Your objective: Take the listing below and reproduce it in full. Change nothing.
+ + + +
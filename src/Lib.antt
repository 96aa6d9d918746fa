-- ===== src/Lib.antt =====
-- A model of the parts of windows-libc that keep state or compute by themselves, between the POSIX
-- interface that the library offers and the calls of the Windows kernel.
--
-- - Buffer: the byte buffers of include/internal/buffer.h and src/internal/buffer.c, from which the
--   scanners read and to which the printers write. `readbyte`, `peekbyte`, `writebyte`, `writen` and
--   `memory_buffer_write` have the names of the source. Doubling the size is a loop on fuel: 64 rounds
--   reach every size below 2 ^ 62.
-- - Convert: src/internal/convert.c. Radix has `uint_to_hex_common` and the like for octal and
--   binary (`uint_to_hex` here), Decimal has `uint_to_dec_common`, `int_to_dec_common` and the
--   parser of digit groups `parse_digits`, Utf8 and Utf16 have the encoders and decoders, Times has
--   the conversions of times. The array `temp` of 32 bytes is a list, and a write behind it is the
--   result `none`. Loops are on fuel: the writers have the number of digits that 64 bits need, the
--   readers one round more than there are unread bytes.
-- - ErrorMap: src/internal/error.c, from the codes of Windows to `errno`.
-- - FdTable: the table of descriptors of src/fcntl/internal.c and include/internal/fcntl.h. View reads
--   the table as a map from descriptors to open entries; Refine and Lookup say what each operation does
--   to the map; Sequence has the numbers by which a descriptor that is used again is told apart.
-- - CpuSet: src/sched/cpuset.c. Member reads a set as a function from processors to digits.
-- - Mutex: src/thread/mutex.c. Relock, Timed and Life have what the functions do one after the other.
-- - Signal: the sets and the mask of src/signal/sigprocmask.c, and `wlibc_raise` of
--   src/signal/raise.c; the loop over the signals has its 30 rounds. The handlers of the program are an
--   argument, and a call may end the process.
-- - RwLock: src/thread/rwlock.c over the kernel's slim lock as a record of functions. Sound has sequences
--   of whole operations, Race an unlock in its parts against another thread.
-- - Stdio: the buffered streams, include/internal/stdio.h and `common_fflush` of
--   src/stdio/fflush.c. Read has `common_fread` of src/stdio/fread.c: Loops and Fill have its loops,
--   Ahead, Blocks and Refine what a read gives of the bytes that are ahead. Write has
--   `common_fwrite` of src/stdio/fwrite.c as an append to the bytes that go to the descriptor. Chars
--   has `fgetc`, `ungetc`, `fputc`, `fputs`, `fgets` and the flags, Seek has `fseek` and `ftell`.
--   The loops of a read have the size of the request and of the buffer as fuel, and a round reads a
--   byte; the loop of a write has the number of bytes, and a round writes one or more. `read`,
--   `write` and `lseek` of unistd are a record of functions, what they promise is a hypothesis.
-- - Getopt: src/getopt/getopt.c, with its static variables as a record. Long and Short have the two kinds
--   of options, Scan the loop that moves arguments, Calls, Options and Lookup whole calls. The loop has one round
--   more than there are arguments as fuel: each round passes an argument in front of the next option.
-- - Varargs: include/internal/varargs.h. `va_arg` is a function from the number of a call to the word that it
--   gives. Keep has the reading of arguments, Next the index 0, Refine all indices.
-- - Printf: src/stdio/printf.c. Spec has `parse_print_specifier`, Pad the two printers of numbers, Print the
--   rest of `print_arg`, Format `wlibc_printf_internal` and `wlibc_vsnprintf`, Callers the
--   functions that hand the buffer on, to a stream in `wlibc_vfprintf`. The printers give the list of
--   their calls on a Buffer, which Format performs. The memory that the texts of `%s` stand in is an
--   argument. A format is read up to 65536 bytes. A loop that pads has the number that it counts up to as fuel, the loop over the format one
--   round more than there are bytes, and a round reads one.
-- - Common: numbers, lists, the values of `errno`, and the digits of machine words under `&`, `|`, `^`.
-- - Tests: the theorems at concrete inputs.
--
-- The printers of stdio use Convert and Varargs and write to a Buffer; every operation that opens a file
-- uses FdTable, which reports a failure of the kernel by ErrorMap. Words of 64 bits are numbers
-- with the wrap-around written out. What the kernel and the heap answer (the statuses of `NtClose`
-- and of waits, whether an allocation succeeds, what new memory holds, the intrinsic `__popcnt64`)
-- is an argument of the functions. The global variable `errno` is passed from call to call. The
-- functions on the table of descriptors hold its lock from beginning to end, so each is one step.
--
-- Not modelled: the calls of the kernel themselves, floating point, the scanners of stdio,
-- the lock of a stream and the check of its magic number, the waits of a read-write lock with a time,
-- paths, directories, the functions that install the handlers of signals, and the start-up code.
pub mod Common
pub mod Buffer
pub mod Convert
pub mod ErrorMap
pub mod FdTable
pub mod CpuSet
pub mod Mutex
pub mod Printf
pub mod RwLock
pub mod Signal
pub mod Stdio
pub mod Getopt
pub mod Tests
pub mod Varargs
+ + + +
Answer for the task:
filename src/Lib.antt
repository 96aa6d9d918746fa
-- ===== src/Lib.antt =====
-- A model of the parts of windows-libc that keep state or compute by themselves, between the POSIX
-- interface that the library offers and the calls of the Windows kernel.
--
-- - Buffer: the byte buffers of include/internal/buffer.h and src/internal/buffer.c, from which the
--   scanners read and to which the printers write. `readbyte`, `peekbyte`, `writebyte`, `writen` and
--   `memory_buffer_write` have the names of the source. Doubling the size is a loop on fuel: 64 rounds
--   reach every size below 2 ^ 62.
-- - Convert: src/internal/convert.c. Radix has `uint_to_hex_common` and the like for octal and
--   binary (`uint_to_hex` here), Decimal has `uint_to_dec_common`, `int_to_dec_common` and the
--   parser of digit groups `parse_digits`, Utf8 and Utf16 have the encoders and decoders, Times has
--   the conversions of times. The array `temp` of 32 bytes is a list, and a write behind it is the
--   result `none`. Loops are on fuel: the writers have the number of digits that 64 bits need, the
--   readers one round more than there are unread bytes.
-- - ErrorMap: src/internal/error.c, from the codes of Windows to `errno`.
-- - FdTable: the table of descriptors of src/fcntl/internal.c and include/internal/fcntl.h. View reads
--   the table as a map from descriptors to open entries; Refine and Lookup say what each operation does
--   to the map; Sequence has the numbers by which a descriptor that is used again is told apart.
-- - CpuSet: src/sched/cpuset.c. Member reads a set as a function from processors to digits.
-- - Mutex: src/thread/mutex.c. Relock, Timed and Life have what the functions do one after the other.
-- - Signal: the sets and the mask of src/signal/sigprocmask.c, and `wlibc_raise` of
--   src/signal/raise.c; the loop over the signals has its 30 rounds. The handlers of the program are an
--   argument, and a call may end the process.
-- - RwLock: src/thread/rwlock.c over the kernel's slim lock as a record of functions. Sound has sequences
--   of whole operations, Race an unlock in its parts against another thread.
-- - Stdio: the buffered streams, include/internal/stdio.h and `common_fflush` of
--   src/stdio/fflush.c. Read has `common_fread` of src/stdio/fread.c: Loops and Fill have its loops,
--   Ahead, Blocks and Refine what a read gives of the bytes that are ahead. Write has
--   `common_fwrite` of src/stdio/fwrite.c as an append to the bytes that go to the descriptor. Chars
--   has `fgetc`, `ungetc`, `fputc`, `fputs`, `fgets` and the flags, Seek has `fseek` and `ftell`.
--   The loops of a read have the size of the request and of the buffer as fuel, and a round reads a
--   byte; the loop of a write has the number of bytes, and a round writes one or more. `read`,
--   `write` and `lseek` of unistd are a record of functions, what they promise is a hypothesis.
-- - Getopt: src/getopt/getopt.c, with its static variables as a record. Long and Short have the two kinds
--   of options, Scan the loop that moves arguments, Calls, Options and Lookup whole calls. The loop has one round
--   more than there are arguments as fuel: each round passes an argument in front of the next option.
-- - Varargs: include/internal/varargs.h. `va_arg` is a function from the number of a call to the word that it
--   gives. Keep has the reading of arguments, Next the index 0, Refine all indices.
-- - Printf: src/stdio/printf.c. Spec has `parse_print_specifier`, Pad the two printers of numbers, Print the
--   rest of `print_arg`, Format `wlibc_printf_internal` and `wlibc_vsnprintf`, Callers the
--   functions that hand the buffer on, to a stream in `wlibc_vfprintf`. The printers give the list of
--   their calls on a Buffer, which Format performs. The memory that the texts of `%s` stand in is an
--   argument. A format is read up to 65536 bytes. A loop that pads has the number that it counts up to as fuel, the loop over the format one
--   round more than there are bytes, and a round reads one.
-- - Common: numbers, lists, the values of `errno`, and the digits of machine words under `&`, `|`, `^`.
-- - Tests: the theorems at concrete inputs.
--
-- The printers of stdio use Convert and Varargs and write to a Buffer; every operation that opens a file
-- uses FdTable, which reports a failure of the kernel by ErrorMap. Words of 64 bits are numbers
-- with the wrap-around written out. What the kernel and the heap answer (the statuses of `NtClose`
-- and of waits, whether an allocation succeeds, what new memory holds, the intrinsic `__popcnt64`)
-- is an argument of the functions. The global variable `errno` is passed from call to call. The
-- functions on the table of descriptors hold its lock from beginning to end, so each is one step.
--
-- Not modelled: the calls of the kernel themselves, floating point, the scanners of stdio,
-- the lock of a stream and the check of its magic number, the waits of a read-write lock with a time,
-- paths, directories, the functions that install the handlers of signals, and the start-up code.
pub mod Common
pub mod Buffer
pub mod Convert
pub mod ErrorMap
pub mod FdTable
pub mod CpuSet
pub mod Mutex
pub mod Printf
pub mod RwLock
pub mod Signal
pub mod Stdio
pub mod Getopt
pub mod Tests
pub mod Varargs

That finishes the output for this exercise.